The second variant is the opposite of the first one, it is a highly distributed model where the OODB may be degenerated to minimum and the whole process engine might just be a slightly enhanced proxy server. All the information are stored in the web objects and the user depend on them. Figure 4 shows a system diagram.

Figure 4

The advantage of this model is salability where all the information is online and need not to be duplicated in a great deal. On the other hand, it depends on the web object owners to carefully program their web objects. This is usually too much an assumption but might fit applications where the web object owners are technique-oriented persons. An example of such applications is a software development environment where the web object owners are designers, programmers and quality assurance person-el.

The third variant is a hybrid of the above two. It uses OODB as in variant one to store meta information about the web objects and benefits from the web objects that are carefully programmed through embedded methods. The architecture is shown in Figure 5.

Figure 5

In the example shown above, there are two independent OODBs operating on the same subset of the web. They store meta-information of the web objects and view objects in order to provide a rich set of facility independent of the web objects. It also allows an object in the OODB to point to a set of objects by maintaining a URL to a directory or a index page. This gives this variant more scalability: one to one relationship between OODB objects and web pages is too costly when the number of web pages becomes very large.

In addition to that, the web objects may have links, which we call backlinks to the OODBs that contain their meta-information. The backlinks could be implemented simply as URLs because the objects in the OODBs are accessible via HTTP. The backlinks are useful for propagating updates of the object among all the OODBs that share it. When the object is accessed through one of the OODBs, the backlinks can be automatically followed and the OODBs that references the web object can update their meta-information.

Issues and Possible Implementations

The system architecture described above is relatively high level. This is because the architecture itself is generic. Different applications might choose different approaches in their implementations. In this section several important issues are addressed and possible solutions are discussed.

Variable and Immutable data

When data on the web is referenced and meta-information about the data is stored in the local objectbase, an availability problem arises. A certain web object may not be available at any time because of problems such as network failures. Moreover, the meta-information stored locally may be out-of-date because the web objects could vary without notice.
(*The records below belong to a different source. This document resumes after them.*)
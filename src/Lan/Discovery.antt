-- ===== src/Lan/Discovery.antt =====
-- crates/cled-lan/src/discovery.rs: the table of devices found on the network. The crate mdns-sd sends the
-- events; a `HashMap` lists its values in the order of the table here.
pub mod Hidden
use cled.Common.{
  Bool, Eq, List, Option, [], arith, contains, false, if◌then◌else◌, list_eq, map, nat_eq, none,
  not, option_eq, some, true, ℕ, ◌&&◌, ◌++◌, ◌==◌, ◌||◌, ◌↔◌, ◌∷◌, ◌≡◌,
}
use cled.Common.Map
use cled.Clipboard.Content.{Chars}
use cled.Sync.Item.{DeviceId}
use cled.Sync.Item.Text.{UuidText, parse_id}
use cled.Lan.Addr.{SocketAddr, v4, v6, rank_with}
use cled.Lan.Node.{Node}
use cled.Lan.Node.Dialing.{on_discovered}

-- An address of an announcement: the number of its bytes, with the scope of one of IPv6.
pub data ScopedIp : Type 0 where
  ip_v4 : (ip : ℕ) → ScopedIp
  ip_v6 : (ip scope : ℕ) → ScopedIp

abbrev ip_beq : ScopedIp → ScopedIp → Bool
ip_beq (ip_v4 i) (ip_v4 j) = i == j
ip_beq (ip_v6 i s) (ip_v6 j t) = i == j && s == t
ip_beq _ _ = false

pub ip_eq_iff : (a b : ScopedIp) → (ip_beq a b ≡ true) ↔ (a ≡ b)
ip_eq_iff (ip_v4 i) (ip_v4 j) = ground arith
ip_eq_iff (ip_v4 i) (ip_v6 j t) = ground arith
ip_eq_iff (ip_v6 i s) (ip_v4 j) = ground arith
ip_eq_iff (ip_v6 i s) (ip_v6 j t) = ground arith

instance abbrev pub ip_eq : Eq ScopedIp
ip_eq = record { eq = ip_beq; eq_iff = ip_eq_iff }

pub record Found : Type 0 where
  pub device_id : DeviceId
  pub port : ℕ
  pub ips : List ScopedIp
  pub pairing_name : Option Chars

pub record PairableDevice : Type 0 where
  pub device_id : DeviceId
  pub name : Chars
  pub address : SocketAddr

-- The devices by the full name of their announcement, and the name that this one announces while it shows
-- a pairing code.
pub record Discovery : Type 0 where
  pub device_id : DeviceId
  pub port : ℕ
  pub found : List (Chars × Found)

-- An announcement that was resolved; the properties are those of the same names.
pub record Service : Type 0 where
  pub fullname : Chars
  pub port : ℕ
  pub addresses : List ScopedIp
  pub id : Option Chars
  pub pair : Option Chars
  pub name : Option Chars

pub data ServiceEvent : Type 0 where
  resolved : Service → ServiceEvent
  removed : (fullname : Chars) → ServiceEvent
  -- The other events.
  unrelated : ServiceEvent

-- What is announced.
unfoldable advertise : UuidText → Discovery → Option Chars → Service
advertise u d pairing_name = record {
  fullname = u.display d.device_id;
  port = d.port;
  addresses = [];
  id = some (u.display d.device_id);
  pair = elim pairing_name [ none ↦ none | some name ↦ some (b'1' ∷ []) ];
  name = pairing_name;
}

abbrev at_port : ℕ → ScopedIp → SocketAddr
at_port port (ip_v4 ip) = v4 ip port
at_port port (ip_v6 ip scope) = v6 ip port 0 scope

-- The interfaces of this machine are an argument, as they are of `rank_with`.
module _ (local : List (ℕ × ℕ)) where
  -- `Found::addresses`.
  unfoldable pub addresses : Found → List SocketAddr
  addresses f = rank_with (map (at_port f.port) f.ips) local

  unfoldable pub addresses_of : List (Chars × Found) → DeviceId → List SocketAddr
  addresses_of [] device = []
  addresses_of ((name, f) ∷ found) device =
      let rest = addresses_of found device in
      if f.device_id == device then addresses f ++ rest else rest

  abbrev first_of : List SocketAddr → Option SocketAddr
  first_of [] = none
  first_of (a ∷ as') = some a

  abbrev pairable_as : DeviceId → Option Chars → Option SocketAddr → Option PairableDevice
  pairable_as device (some name) (some address) =
      some (record { device_id = device; name = name; address = address })
  pairable_as device _ _ = none

  abbrev pub cons_if_some {ℓ} : {A : Type ℓ} → Option A → List A → List A
  cons_if_some none rest = rest
  cons_if_some (some a) rest = a ∷ rest

  unfoldable pub pairable : List (Chars × Found) → DeviceId → List PairableDevice
  pairable [] me = []
  pairable ((name, f) ∷ found) me =
      let rest = pairable found me in
      if not (f.device_id == me)
      then cons_if_some (pairable_as f.device_id f.pairing_name (first_of (addresses f))) rest
      else rest

abbrev pub add_ip : List ScopedIp → ScopedIp → List ScopedIp
add_ip ips ip = if contains ips ip then ips else ips ++ ip ∷ []

abbrev pub add_ips : List ScopedIp → List ScopedIp → List ScopedIp
add_ips ips [] = ips
add_ips ips (ip ∷ more) = add_ips (add_ip ips ip) more

-- The addresses that an entry keeps: none if the device has restarted on another port, or the name was
-- reused.
abbrev pub kept_ips : Option Found → DeviceId → ℕ → List ScopedIp
kept_ips none device port = []
kept_ips (some f) device port =
    if not (f.port == port) || not (f.device_id == device) then [] else f.ips

abbrev shown_name : Service → Option Chars
shown_name s = if s.pair == some (b'1' ∷ []) then s.name else none

-- The entry after an announcement of another device.
unfoldable pub updated : Option Found → DeviceId → Service → Found
updated old device s = record {
  device_id = device;
  port = s.port;
  ips = add_ips (kept_ips old device s.port) s.addresses;
  pairing_name = shown_name s;
}

abbrev id_of : UuidText → Option Chars → Option DeviceId
id_of u none = none
id_of u (some text) = parse_id u text

module _ (u : UuidText) where
  unfoldable pub on_device : Discovery → Node → Service → Option DeviceId → Discovery × Node
  on_device d n s none = (d, n)
  on_device d n s (some device) = if device == d.device_id then (d, n) else (
    record d {
      found = Map.insert d.found s.fullname (updated (Map.get d.found s.fullname) device s);
    },
    on_discovered n device,
  )

  -- One turn of the loop of `run`, with the node that it tells.
  unfoldable pub on_event : Discovery → Node → ServiceEvent → Discovery × Node
  on_event d n (resolved s) = on_device d n s (id_of u s.id)
  on_event d n (removed fullname) = (record d { found = Map.remove d.found fullname }, n)
  on_event d n unrelated = (d, n)

  unfoldable pub on_events : Discovery → Node → List ServiceEvent → Discovery × Node
  on_events d n [] = (d, n)
  on_events d n (e ∷ es) = let (d', n') = on_event d n e in on_events d' n' es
There are two possible solutions to this, and we call them Variable data and Immutable data.

For the Immutable approach, the local database keeps a copy of the web object. When a web object is referenced, the View processor queries the objectbase for a local copy and uses it as the real data. This approach is appropriate the applications such as the training systems described in the Motivating Example section. However, the Immutable approach does not provide user with most up-to-date information the web object contains.

For the Variable data approach, the meta-information stored in the objectbase is basically the URL of the web object and the web object is fetched every time it is referenced. This approach provides the most precise information about the web object but there exists a possibility that the meta-information becomes out-of-date. This is because when the actual web object changed its content, the objectbase might not get informed (which is the usual case), and therefore the meta-information reflects an older version of the web object.

There is, however, a hybrid approach. A copy of the web object is stored locally. When the object is queried, the View processor would try to access the original copy while it queries the local database. If the meta-information of a web object can be obtained from its content, this approach would handle the availability problem and provide reasonably up-to-data information. Since the two operations are in parallel, the performance overhead wouldn't be a big problem. But there would be a lot of redundant information in the local objectbase that occupies a lot of local resources.

Active data (when the web objects change, they call up the objectbase and modify their meta-information) is certainly another approach to this problem. In the variant three of our architecture, the OODBs update each other when the web object is references. It would have a lot of overhead for the object owners and requires a standard for web object editing which is not available (and not practical). It is useful when the web object is semi-local: it is not in the objectbase but in the same system that provides customizable views. In this case an editing tool can be provided and enforced so that whenever an essential change is made, it informs the objectbase to update the meta-information.

CGI vs. Server

There are basically two ways to implement the architecture described above: using Common Gateway Interface (CGI) or building a new HTTP server (aka httpd).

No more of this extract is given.